Assignment — Give back the full set of entries exactly, keeping each line intact.

Excerpted records —
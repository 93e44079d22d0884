-- ===== src/Game/Plan/Items.antt =====
-- The plan of a version against the list of everything that it needs.
use rc_launcher.Base.{
  ◌≡◌, refl, sym, ap, ◌∙◌, Option, none, some, List, [], ◌∷◌, ◌++◌, map, if◌then◌else◌, Bool-cases,
  inl, inr,
}
use rc_launcher.Base.Text.{Text}
use rc_launcher.Game.Library.{Library, is_allowed}
use rc_launcher.Game.Version.{ResolvedVersion}
use rc_launcher.Mirror.{Url}
use rc_launcher.Game.Plan.{
  DownloadItem, Resolver, Json, AssetsIndex, add_all, add_some, main_jar, native_jar, plan_library,
  plan_libraries, client_item, index_item, logging_item, build_plan, plan_assets, build_full_plan,
  dedup,
}
use rc_launcher.Game.Plan.Merged.{
  dests, dests_after, merged_at, add_all-Holds_new, dedup-Distinct, add_all-append,
}

abbrev pub of_option {ℓ} : {A : Type ℓ} → Option A → List A
of_option none = []
of_option (some a) = a ∷ []

dedup-add_all : (is : List DownloadItem) → dedup (add_all [] is) ≡ add_all [] is
dedup-add_all is =
    let h = add_all-Holds_new is in dedup-Distinct (add_all [] is) (rw (h.same_dests) h.distinct)

module _ (parse : Text → Option Url) (res : Resolver) where
  -- The jars of the libraries that the rules include.
  unfoldable pub needed_jars : List Library → List DownloadItem
  needed_jars [] = []
  needed_jars (lib ∷ libs) =
      let rest = needed_jars libs in
      if is_allowed lib res.platform []
      then of_option (main_jar parse res lib) ++ (of_option (native_jar parse res lib) ++ rest)
      else rest

  add_all_some :
      (o : Option DownloadItem) (rest plan : List DownloadItem)
      → add_all plan (of_option o ++ rest) ≡ add_all (add_some parse res plan o) rest
  unfolding add_all
  add_all_some none rest plan = refl
  add_all_some (some i) rest plan = refl

  add_all_option :
      (o : Option DownloadItem) (plan : List DownloadItem)
      → add_all plan (of_option o) ≡ add_some parse res plan o
  unfolding add_all
  add_all_option none plan = refl
  add_all_option (some i) plan = refl

  plan_libraries_lem :
      (libs : List Library) (plan : List DownloadItem)
      → plan_libraries parse res plan libs ≡ add_all plan (needed_jars libs)
  unfolding plan_libraries plan_library needed_jars add_all
  plan_libraries_lem [] plan = refl
  plan_libraries_lem (lib ∷ libs) plan = elim (Bool-cases (is_allowed lib res.platform [])) [
    | inl e ↦
        let rest = needed_jars libs in
        let native = of_option (native_jar parse res lib) in
        let with_main = add_some parse res plan (main_jar parse res lib) in
        rw (plan_library, e)
          (plan_libraries_lem libs (add_some parse res with_main (native_jar parse res lib))
            ∙ (sym (add_all_some (native_jar parse res lib) rest with_main)
                ∙ sym (add_all_some (main_jar parse res lib) (native ++ rest) plan)))
    | inr e ↦ rw (plan_library, e) (plan_libraries_lem libs plan)
  ]

  module _ {V : Type 0} (json : Json V) (r : ResolvedVersion V) where
    -- Everything of the version itself: the client jar, the asset index, the jars, and the logging
    -- configuration.
    unfoldable pub version_items : List DownloadItem
    version_items =
        of_option (client_item parse res json r)
        ++ (of_option (index_item parse res json r)
            ++ (needed_jars r.libraries ++ of_option (logging_item parse res json r)))

    build_plan_lem : build_plan parse res json r ≡ add_all [] version_items
    unfolding build_plan version_items add_all
    build_plan_lem =
        let client = client_item parse res json r in
        let index = index_item parse res json r in
        let log = logging_item parse res json r in
        let jars = needed_jars r.libraries in
        let one = add_some parse res [] client in
        let two = add_some parse res one index in
        let tail = jars ++ of_option log in
        ap dedup (
          sym (
            add_all_some client (of_option index ++ tail) []
            ∙ (add_all_some index tail one
                ∙ (add_all-append jars (of_option log) two
                    ∙ (add_all_option log (add_all two jars)
                        ∙ ap (λ p. add_some parse res p log)
                            (sym (plan_libraries_lem r.libraries two)))))))
        ∙ dedup-add_all version_items

    -- With the objects of its assets.
    unfoldable pub all_items : AssetsIndex → List DownloadItem
    all_items assets = version_items ++ plan_assets parse res assets.objects

    -- The full plan of a version holds one item for each destination of what the version needs, in the
    -- order in which the destinations first occur: the first item for it, completed by the later ones.
    pub build_full_plan_lem :
        (assets : AssetsIndex)
        → map some (build_full_plan parse res json r assets)
          ≡ map
              (λ p. merged_at p none (all_items assets))
              (dests_after [] (dests (all_items assets)))
    unfolding build_full_plan all_items
    build_full_plan_lem assets =
        let objects = plan_assets parse res assets.objects in
        ap (map some) (
          ap (λ p. dedup (add_all p objects)) build_plan_lem
          ∙ (ap dedup (sym (add_all-append version_items objects []))
              ∙ dedup-add_all (version_items ++ objects)))
        ∙ (add_all-Holds_new (version_items ++ objects)).items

Finished exercise —
repository 93e44079d22d0884
-- ===== src/Game/Plan/Items.antt =====
-- The plan of a version against the list of everything that it needs.
use rc_launcher.Base.{
  ◌≡◌, refl, sym, ap, ◌∙◌, Option, none, some, List, [], ◌∷◌, ◌++◌, map, if◌then◌else◌, Bool-cases,
  inl, inr,
}
use rc_launcher.Base.Text.{Text}
use rc_launcher.Game.Library.{Library, is_allowed}
use rc_launcher.Game.Version.{ResolvedVersion}
use rc_launcher.Mirror.{Url}
use rc_launcher.Game.Plan.{
  DownloadItem, Resolver, Json, AssetsIndex, add_all, add_some, main_jar, native_jar, plan_library,
  plan_libraries, client_item, index_item, logging_item, build_plan, plan_assets, build_full_plan,
  dedup,
}
use rc_launcher.Game.Plan.Merged.{
  dests, dests_after, merged_at, add_all-Holds_new, dedup-Distinct, add_all-append,
}

abbrev pub of_option {ℓ} : {A : Type ℓ} → Option A → List A
of_option none = []
of_option (some a) = a ∷ []

dedup-add_all : (is : List DownloadItem) → dedup (add_all [] is) ≡ add_all [] is
dedup-add_all is =
    let h = add_all-Holds_new is in dedup-Distinct (add_all [] is) (rw (h.same_dests) h.distinct)

module _ (parse : Text → Option Url) (res : Resolver) where
  -- The jars of the libraries that the rules include.
  unfoldable pub needed_jars : List Library → List DownloadItem
  needed_jars [] = []
  needed_jars (lib ∷ libs) =
      let rest = needed_jars libs in
      if is_allowed lib res.platform []
      then of_option (main_jar parse res lib) ++ (of_option (native_jar parse res lib) ++ rest)
      else rest

  add_all_some :
      (o : Option DownloadItem) (rest plan : List DownloadItem)
      → add_all plan (of_option o ++ rest) ≡ add_all (add_some parse res plan o) rest
  unfolding add_all
  add_all_some none rest plan = refl
  add_all_some (some i) rest plan = refl

  add_all_option :
      (o : Option DownloadItem) (plan : List DownloadItem)
      → add_all plan (of_option o) ≡ add_some parse res plan o
  unfolding add_all
  add_all_option none plan = refl
  add_all_option (some i) plan = refl

  plan_libraries_lem :
      (libs : List Library) (plan : List DownloadItem)
      → plan_libraries parse res plan libs ≡ add_all plan (needed_jars libs)
  unfolding plan_libraries plan_library needed_jars add_all
  plan_libraries_lem [] plan = refl
  plan_libraries_lem (lib ∷ libs) plan = elim (Bool-cases (is_allowed lib res.platform [])) [
    | inl e ↦
        let rest = needed_jars libs in
        let native = of_option (native_jar parse res lib) in
        let with_main = add_some parse res plan (main_jar parse res lib) in
        rw (plan_library, e)
          (plan_libraries_lem libs (add_some parse res with_main (native_jar parse res lib))
            ∙ (sym (add_all_some (native_jar parse res lib) rest with_main)
                ∙ sym (add_all_some (main_jar parse res lib) (native ++ rest) plan)))
    | inr e ↦ rw (plan_library, e) (plan_libraries_lem libs plan)
  ]

  module _ {V : Type 0} (json : Json V) (r : ResolvedVersion V) where
    -- Everything of the version itself: the client jar, the asset index, the jars, and the logging
    -- configuration.
    unfoldable pub version_items : List DownloadItem
    version_items =
        of_option (client_item parse res json r)
        ++ (of_option (index_item parse res json r)
            ++ (needed_jars r.libraries ++ of_option (logging_item parse res json r)))

    build_plan_lem : build_plan parse res json r ≡ add_all [] version_items
    unfolding build_plan version_items add_all
    build_plan_lem =
        let client = client_item parse res json r in
        let index = index_item parse res json r in
        let log = logging_item parse res json r in
        let jars = needed_jars r.libraries in
        let one = add_some parse res [] client in
        let two = add_some parse res one index in
        let tail = jars ++ of_option log in
        ap dedup (
          sym (
            add_all_some client (of_option index ++ tail) []
            ∙ (add_all_some index tail one
                ∙ (add_all-append jars (of_option log) two
                    ∙ (add_all_option log (add_all two jars)
                        ∙ ap (λ p. add_some parse res p log)
                            (sym (plan_libraries_lem r.libraries two)))))))
        ∙ dedup-add_all version_items

    -- With the objects of its assets.
    unfoldable pub all_items : AssetsIndex → List DownloadItem
    all_items assets = version_items ++ plan_assets parse res assets.objects

    -- The full plan of a version holds one item for each destination of what the version needs, in the
    -- order in which the destinations first occur: the first item for it, completed by the later ones.
    pub build_full_plan_lem :
        (assets : AssetsIndex)
        → map some (build_full_plan parse res json r assets)
          ≡ map
              (λ p. merged_at p none (all_items assets))
              (dests_after [] (dests (all_items assets)))
    unfolding build_full_plan all_items
    build_full_plan_lem assets =
        let objects = plan_assets parse res assets.objects in
        ap (map some) (
          ap (λ p. dedup (add_all p objects)) build_plan_lem
          ∙ (ap dedup (sym (add_all-append version_items objects []))
              ∙ dedup-add_all (version_items ++ objects)))
        ∙ (add_all-Holds_new (version_items ++ objects)).items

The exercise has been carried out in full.